§ WHAT THE TASK REQUIRES
Transcribe the data below verbatim from the line with "pub record_history_conf : Option" to the line with "-- The checks before anything is built.". Include both of those lines.

[MATERIAL SHOWN Boundary: Start]

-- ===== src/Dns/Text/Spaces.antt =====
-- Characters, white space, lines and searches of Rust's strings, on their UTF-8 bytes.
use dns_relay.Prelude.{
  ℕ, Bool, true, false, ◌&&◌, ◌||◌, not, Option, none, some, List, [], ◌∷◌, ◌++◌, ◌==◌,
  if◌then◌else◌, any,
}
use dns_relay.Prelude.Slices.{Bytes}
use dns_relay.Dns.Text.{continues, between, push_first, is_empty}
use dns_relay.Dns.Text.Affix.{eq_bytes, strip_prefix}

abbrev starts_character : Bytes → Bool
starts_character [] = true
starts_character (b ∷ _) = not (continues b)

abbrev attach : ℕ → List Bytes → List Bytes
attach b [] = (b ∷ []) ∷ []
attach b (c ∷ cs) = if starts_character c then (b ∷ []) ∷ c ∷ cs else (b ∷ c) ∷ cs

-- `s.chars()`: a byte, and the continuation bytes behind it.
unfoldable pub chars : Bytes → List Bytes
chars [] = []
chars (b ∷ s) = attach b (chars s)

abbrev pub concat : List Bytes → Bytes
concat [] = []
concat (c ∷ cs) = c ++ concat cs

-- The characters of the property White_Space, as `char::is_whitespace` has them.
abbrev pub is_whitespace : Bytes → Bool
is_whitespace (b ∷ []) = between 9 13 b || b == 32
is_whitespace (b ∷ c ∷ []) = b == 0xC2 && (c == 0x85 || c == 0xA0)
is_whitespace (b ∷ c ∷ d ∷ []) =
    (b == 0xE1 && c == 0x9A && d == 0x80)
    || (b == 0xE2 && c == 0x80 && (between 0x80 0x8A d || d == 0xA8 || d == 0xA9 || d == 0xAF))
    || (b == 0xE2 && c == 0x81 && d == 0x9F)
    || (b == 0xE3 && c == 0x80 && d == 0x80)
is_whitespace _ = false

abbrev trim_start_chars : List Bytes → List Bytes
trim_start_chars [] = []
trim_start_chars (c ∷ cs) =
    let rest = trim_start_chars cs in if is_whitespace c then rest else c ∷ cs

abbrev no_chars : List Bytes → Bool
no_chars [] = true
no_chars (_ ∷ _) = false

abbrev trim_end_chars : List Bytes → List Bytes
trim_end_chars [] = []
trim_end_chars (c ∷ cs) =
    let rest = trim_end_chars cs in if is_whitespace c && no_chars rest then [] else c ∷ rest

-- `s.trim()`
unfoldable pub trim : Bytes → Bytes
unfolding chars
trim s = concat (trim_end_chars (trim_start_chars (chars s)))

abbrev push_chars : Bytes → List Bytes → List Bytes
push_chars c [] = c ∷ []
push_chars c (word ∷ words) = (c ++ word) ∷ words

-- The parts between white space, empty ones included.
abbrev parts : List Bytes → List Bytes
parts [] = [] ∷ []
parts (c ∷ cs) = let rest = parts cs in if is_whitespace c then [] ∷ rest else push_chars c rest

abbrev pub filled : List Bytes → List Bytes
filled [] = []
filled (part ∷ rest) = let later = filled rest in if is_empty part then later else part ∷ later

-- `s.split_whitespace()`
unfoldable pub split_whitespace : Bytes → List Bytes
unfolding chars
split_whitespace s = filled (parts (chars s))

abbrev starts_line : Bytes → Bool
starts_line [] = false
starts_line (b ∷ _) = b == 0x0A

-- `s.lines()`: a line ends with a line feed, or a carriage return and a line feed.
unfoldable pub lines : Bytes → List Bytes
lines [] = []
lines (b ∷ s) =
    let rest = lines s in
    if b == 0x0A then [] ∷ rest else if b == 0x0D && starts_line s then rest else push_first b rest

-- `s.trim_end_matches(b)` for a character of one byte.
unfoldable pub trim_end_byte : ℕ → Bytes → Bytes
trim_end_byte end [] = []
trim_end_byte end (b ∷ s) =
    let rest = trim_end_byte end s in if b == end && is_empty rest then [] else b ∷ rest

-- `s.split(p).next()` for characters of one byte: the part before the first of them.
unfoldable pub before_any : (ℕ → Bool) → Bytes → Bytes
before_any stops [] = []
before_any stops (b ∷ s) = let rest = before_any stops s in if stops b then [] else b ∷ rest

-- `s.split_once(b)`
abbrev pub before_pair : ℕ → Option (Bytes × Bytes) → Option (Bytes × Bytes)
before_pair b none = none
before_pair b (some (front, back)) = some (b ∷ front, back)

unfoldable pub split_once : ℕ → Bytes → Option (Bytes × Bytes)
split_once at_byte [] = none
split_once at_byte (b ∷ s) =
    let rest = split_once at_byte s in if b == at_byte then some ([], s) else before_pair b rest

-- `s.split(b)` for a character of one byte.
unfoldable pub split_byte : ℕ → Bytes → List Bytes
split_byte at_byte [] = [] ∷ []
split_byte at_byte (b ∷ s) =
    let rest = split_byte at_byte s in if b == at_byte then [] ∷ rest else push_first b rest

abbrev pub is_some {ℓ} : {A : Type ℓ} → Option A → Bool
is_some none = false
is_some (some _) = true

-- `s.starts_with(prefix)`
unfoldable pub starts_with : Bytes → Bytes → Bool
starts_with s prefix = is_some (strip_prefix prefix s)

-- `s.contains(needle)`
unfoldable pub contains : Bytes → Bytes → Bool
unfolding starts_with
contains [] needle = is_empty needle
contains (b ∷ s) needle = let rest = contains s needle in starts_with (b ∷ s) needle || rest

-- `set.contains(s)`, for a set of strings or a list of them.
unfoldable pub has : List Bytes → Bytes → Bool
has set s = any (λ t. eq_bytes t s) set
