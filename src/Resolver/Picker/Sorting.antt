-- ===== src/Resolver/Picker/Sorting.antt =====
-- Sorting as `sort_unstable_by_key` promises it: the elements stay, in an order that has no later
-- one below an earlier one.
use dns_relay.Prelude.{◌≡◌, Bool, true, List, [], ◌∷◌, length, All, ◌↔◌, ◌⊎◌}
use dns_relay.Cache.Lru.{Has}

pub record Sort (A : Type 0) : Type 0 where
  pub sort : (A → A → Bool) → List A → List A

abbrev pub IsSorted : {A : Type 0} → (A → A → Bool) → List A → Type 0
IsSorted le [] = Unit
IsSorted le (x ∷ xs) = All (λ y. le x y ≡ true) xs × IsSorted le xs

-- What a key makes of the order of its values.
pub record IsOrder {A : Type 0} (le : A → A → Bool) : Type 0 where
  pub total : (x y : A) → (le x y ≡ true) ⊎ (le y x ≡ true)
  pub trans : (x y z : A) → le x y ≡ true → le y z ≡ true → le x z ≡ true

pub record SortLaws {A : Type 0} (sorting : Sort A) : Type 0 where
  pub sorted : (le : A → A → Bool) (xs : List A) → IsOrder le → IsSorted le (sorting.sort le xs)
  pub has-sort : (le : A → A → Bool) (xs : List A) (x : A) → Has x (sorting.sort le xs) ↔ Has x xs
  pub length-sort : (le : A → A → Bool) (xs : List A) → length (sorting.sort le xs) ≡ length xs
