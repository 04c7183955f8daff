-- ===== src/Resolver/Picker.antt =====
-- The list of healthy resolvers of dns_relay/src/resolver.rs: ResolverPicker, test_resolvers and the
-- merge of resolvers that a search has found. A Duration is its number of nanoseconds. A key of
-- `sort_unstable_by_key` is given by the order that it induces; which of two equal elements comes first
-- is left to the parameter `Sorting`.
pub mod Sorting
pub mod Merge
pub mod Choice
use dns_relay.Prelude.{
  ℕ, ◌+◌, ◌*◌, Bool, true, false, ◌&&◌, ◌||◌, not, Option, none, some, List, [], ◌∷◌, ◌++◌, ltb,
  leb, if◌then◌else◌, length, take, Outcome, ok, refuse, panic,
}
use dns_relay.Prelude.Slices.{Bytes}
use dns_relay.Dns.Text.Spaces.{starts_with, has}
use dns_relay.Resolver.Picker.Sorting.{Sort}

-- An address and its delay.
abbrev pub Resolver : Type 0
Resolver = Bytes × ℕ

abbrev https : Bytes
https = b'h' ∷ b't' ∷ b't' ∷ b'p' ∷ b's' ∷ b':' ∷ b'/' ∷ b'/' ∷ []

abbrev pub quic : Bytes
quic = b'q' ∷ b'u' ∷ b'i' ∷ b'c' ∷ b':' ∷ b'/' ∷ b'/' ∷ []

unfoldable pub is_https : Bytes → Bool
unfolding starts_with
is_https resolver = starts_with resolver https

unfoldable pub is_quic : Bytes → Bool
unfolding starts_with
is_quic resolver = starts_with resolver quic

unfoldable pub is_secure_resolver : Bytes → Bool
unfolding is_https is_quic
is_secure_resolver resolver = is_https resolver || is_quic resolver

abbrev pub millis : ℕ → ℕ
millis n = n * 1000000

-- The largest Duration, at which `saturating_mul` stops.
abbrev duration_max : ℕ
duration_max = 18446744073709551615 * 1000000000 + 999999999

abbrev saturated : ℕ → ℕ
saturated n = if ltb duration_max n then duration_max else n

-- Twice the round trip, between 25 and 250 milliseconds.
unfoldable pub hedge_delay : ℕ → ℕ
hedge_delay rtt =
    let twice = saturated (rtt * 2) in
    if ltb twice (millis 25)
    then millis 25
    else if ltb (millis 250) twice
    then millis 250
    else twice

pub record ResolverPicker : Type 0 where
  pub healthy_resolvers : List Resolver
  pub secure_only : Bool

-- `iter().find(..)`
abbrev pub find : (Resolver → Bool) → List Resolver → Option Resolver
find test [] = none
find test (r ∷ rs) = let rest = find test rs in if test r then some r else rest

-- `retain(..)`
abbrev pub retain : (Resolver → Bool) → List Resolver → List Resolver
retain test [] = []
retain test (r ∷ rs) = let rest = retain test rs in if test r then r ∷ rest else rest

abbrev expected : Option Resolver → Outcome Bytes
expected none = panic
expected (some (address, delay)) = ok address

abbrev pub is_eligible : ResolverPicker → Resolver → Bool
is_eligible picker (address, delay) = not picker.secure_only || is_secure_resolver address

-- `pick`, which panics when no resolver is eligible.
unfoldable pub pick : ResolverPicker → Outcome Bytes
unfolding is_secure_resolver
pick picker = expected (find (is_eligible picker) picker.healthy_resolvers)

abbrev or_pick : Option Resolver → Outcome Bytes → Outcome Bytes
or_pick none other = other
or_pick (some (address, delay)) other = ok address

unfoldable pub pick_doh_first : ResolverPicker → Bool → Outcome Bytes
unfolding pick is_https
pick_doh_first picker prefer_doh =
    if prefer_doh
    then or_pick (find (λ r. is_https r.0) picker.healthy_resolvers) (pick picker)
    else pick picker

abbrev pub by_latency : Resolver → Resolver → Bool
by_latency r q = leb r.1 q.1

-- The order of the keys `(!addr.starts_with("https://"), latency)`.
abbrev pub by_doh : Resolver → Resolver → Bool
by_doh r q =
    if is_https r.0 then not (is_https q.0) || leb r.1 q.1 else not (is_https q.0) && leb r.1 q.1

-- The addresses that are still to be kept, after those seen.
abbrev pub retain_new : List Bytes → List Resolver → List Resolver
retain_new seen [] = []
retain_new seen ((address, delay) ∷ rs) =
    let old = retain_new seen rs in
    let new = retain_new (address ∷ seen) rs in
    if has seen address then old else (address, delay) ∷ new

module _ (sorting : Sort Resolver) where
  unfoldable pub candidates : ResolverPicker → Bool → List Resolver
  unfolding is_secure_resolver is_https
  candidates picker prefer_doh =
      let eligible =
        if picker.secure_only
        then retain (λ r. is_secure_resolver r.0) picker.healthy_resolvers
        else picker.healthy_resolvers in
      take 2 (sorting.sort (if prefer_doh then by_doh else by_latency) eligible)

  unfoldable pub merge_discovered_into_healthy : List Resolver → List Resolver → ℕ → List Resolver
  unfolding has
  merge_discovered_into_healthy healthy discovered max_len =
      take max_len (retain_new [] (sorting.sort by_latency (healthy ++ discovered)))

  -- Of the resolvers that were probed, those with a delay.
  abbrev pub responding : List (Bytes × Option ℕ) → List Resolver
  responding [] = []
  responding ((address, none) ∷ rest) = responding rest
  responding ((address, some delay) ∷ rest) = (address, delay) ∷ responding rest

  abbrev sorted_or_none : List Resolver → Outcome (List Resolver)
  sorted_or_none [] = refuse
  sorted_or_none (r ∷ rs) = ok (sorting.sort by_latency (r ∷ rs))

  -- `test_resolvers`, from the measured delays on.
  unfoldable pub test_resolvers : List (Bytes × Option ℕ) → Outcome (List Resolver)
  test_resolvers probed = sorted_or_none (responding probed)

[MATERIAL SHOWN Boundary: End]
[MATERIAL SHOWN Boundary: Start]

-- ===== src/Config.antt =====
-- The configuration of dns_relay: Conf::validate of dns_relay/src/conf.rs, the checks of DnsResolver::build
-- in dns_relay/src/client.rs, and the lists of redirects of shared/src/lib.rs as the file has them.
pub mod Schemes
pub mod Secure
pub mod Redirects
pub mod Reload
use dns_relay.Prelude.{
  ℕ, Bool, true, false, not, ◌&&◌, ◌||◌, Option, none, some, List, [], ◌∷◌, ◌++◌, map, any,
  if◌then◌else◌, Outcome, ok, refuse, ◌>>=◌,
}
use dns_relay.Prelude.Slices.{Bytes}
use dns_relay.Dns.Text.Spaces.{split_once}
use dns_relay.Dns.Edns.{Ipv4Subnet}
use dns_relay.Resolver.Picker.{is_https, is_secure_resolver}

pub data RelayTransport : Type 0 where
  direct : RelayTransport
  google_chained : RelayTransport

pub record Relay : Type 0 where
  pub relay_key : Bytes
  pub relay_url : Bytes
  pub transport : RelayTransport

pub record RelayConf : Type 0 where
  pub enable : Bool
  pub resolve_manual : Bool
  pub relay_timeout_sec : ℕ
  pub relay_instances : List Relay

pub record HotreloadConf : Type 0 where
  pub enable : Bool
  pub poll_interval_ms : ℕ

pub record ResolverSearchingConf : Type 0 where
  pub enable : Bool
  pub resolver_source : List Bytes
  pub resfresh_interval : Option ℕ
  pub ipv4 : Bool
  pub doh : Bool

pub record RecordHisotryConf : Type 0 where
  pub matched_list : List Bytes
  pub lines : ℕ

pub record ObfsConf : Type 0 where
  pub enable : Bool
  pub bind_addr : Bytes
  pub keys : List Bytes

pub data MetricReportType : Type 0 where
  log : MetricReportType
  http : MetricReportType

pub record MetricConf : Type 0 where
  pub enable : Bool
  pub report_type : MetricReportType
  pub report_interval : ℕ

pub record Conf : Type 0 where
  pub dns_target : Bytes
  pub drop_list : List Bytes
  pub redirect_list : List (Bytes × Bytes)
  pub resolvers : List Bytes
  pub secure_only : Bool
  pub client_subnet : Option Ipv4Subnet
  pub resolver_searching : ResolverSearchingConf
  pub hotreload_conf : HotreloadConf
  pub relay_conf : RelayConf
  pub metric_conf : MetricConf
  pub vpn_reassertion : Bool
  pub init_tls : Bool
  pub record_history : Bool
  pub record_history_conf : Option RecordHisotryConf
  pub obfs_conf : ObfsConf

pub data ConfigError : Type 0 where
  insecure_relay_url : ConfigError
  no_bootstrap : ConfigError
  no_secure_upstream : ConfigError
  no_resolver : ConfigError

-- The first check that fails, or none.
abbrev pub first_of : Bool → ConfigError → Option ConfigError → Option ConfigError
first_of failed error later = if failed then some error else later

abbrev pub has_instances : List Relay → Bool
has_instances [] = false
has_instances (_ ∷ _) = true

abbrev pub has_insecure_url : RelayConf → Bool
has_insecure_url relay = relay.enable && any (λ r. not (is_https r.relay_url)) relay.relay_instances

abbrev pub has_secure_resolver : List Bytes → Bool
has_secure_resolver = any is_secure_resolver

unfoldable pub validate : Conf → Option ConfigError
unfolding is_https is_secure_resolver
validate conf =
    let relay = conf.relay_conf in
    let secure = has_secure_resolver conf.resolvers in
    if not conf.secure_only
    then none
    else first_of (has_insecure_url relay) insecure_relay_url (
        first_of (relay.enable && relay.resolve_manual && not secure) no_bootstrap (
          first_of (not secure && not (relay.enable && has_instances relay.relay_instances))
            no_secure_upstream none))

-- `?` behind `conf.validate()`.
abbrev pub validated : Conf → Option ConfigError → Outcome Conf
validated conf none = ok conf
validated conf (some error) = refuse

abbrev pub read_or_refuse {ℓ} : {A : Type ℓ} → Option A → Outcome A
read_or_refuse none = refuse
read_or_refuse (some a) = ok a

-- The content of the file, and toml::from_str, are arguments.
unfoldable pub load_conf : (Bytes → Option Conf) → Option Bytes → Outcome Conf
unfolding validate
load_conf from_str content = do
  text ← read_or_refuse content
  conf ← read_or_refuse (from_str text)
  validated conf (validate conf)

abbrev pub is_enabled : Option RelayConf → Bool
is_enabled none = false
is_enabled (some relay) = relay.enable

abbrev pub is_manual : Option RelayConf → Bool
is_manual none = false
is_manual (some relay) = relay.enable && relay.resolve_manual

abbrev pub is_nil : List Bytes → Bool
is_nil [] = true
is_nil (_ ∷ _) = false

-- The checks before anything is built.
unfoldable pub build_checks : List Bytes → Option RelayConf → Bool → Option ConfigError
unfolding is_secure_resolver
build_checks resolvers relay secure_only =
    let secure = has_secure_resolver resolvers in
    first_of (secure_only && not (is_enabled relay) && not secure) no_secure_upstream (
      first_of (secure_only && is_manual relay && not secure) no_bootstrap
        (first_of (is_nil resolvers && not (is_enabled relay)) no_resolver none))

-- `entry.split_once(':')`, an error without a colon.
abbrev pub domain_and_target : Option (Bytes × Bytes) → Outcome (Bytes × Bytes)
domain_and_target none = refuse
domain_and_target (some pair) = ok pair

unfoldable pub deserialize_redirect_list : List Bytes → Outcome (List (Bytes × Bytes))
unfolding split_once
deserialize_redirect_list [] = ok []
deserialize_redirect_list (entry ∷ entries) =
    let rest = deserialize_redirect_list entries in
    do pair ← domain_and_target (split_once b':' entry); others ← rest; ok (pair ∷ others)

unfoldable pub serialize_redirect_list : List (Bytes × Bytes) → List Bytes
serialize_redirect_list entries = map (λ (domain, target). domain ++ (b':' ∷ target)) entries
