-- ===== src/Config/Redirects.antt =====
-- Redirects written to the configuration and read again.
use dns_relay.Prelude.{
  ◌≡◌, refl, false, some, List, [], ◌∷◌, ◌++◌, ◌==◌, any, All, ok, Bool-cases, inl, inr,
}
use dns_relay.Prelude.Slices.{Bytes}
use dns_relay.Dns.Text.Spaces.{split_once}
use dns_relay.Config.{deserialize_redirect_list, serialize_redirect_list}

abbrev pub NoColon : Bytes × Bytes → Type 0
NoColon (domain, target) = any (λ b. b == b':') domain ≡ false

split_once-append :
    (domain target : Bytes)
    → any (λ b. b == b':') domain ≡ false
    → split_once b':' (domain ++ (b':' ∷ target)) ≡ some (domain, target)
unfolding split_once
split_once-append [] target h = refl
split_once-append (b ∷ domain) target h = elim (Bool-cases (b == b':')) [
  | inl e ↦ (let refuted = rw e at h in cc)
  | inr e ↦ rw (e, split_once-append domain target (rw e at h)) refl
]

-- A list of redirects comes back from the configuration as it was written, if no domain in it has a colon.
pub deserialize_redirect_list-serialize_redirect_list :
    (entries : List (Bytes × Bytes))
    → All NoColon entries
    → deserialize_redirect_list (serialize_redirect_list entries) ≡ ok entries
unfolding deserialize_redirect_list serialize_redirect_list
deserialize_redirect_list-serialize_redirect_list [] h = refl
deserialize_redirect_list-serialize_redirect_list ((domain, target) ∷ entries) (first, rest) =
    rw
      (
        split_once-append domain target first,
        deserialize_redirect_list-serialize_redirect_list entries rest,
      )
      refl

[MATERIAL SHOWN Boundary: End]

§ FINISHED EXERCISE
  pub record_history_conf : Option RecordHisotryConf
  pub obfs_conf : ObfsConf

pub data ConfigError : Type 0 where
  insecure_relay_url : ConfigError
  no_bootstrap : ConfigError
  no_secure_upstream : ConfigError
  no_resolver : ConfigError

-- The first check that fails, or none.
abbrev pub first_of : Bool → ConfigError → Option ConfigError → Option ConfigError
first_of failed error later = if failed then some error else later

abbrev pub has_instances : List Relay → Bool
has_instances [] = false
has_instances (_ ∷ _) = true

abbrev pub has_insecure_url : RelayConf → Bool
has_insecure_url relay = relay.enable && any (λ r. not (is_https r.relay_url)) relay.relay_instances

abbrev pub has_secure_resolver : List Bytes → Bool
has_secure_resolver = any is_secure_resolver

unfoldable pub validate : Conf → Option ConfigError
unfolding is_https is_secure_resolver
validate conf =
    let relay = conf.relay_conf in
    let secure = has_secure_resolver conf.resolvers in
    if not conf.secure_only
    then none
    else first_of (has_insecure_url relay) insecure_relay_url (
        first_of (relay.enable && relay.resolve_manual && not secure) no_bootstrap (
          first_of (not secure && not (relay.enable && has_instances relay.relay_instances))
            no_secure_upstream none))

-- `?` behind `conf.validate()`.
abbrev pub validated : Conf → Option ConfigError → Outcome Conf
validated conf none = ok conf
validated conf (some error) = refuse

abbrev pub read_or_refuse {ℓ} : {A : Type ℓ} → Option A → Outcome A
read_or_refuse none = refuse
read_or_refuse (some a) = ok a

-- The content of the file, and toml::from_str, are arguments.
unfoldable pub load_conf : (Bytes → Option Conf) → Option Bytes → Outcome Conf
unfolding validate
load_conf from_str content = do
  text ← read_or_refuse content
  conf ← read_or_refuse (from_str text)
  validated conf (validate conf)

abbrev pub is_enabled : Option RelayConf → Bool
is_enabled none = false
is_enabled (some relay) = relay.enable

abbrev pub is_manual : Option RelayConf → Bool
is_manual none = false
is_manual (some relay) = relay.enable && relay.resolve_manual

abbrev pub is_nil : List Bytes → Bool
is_nil [] = true
is_nil (_ ∷ _) = false

-- The checks before anything is built.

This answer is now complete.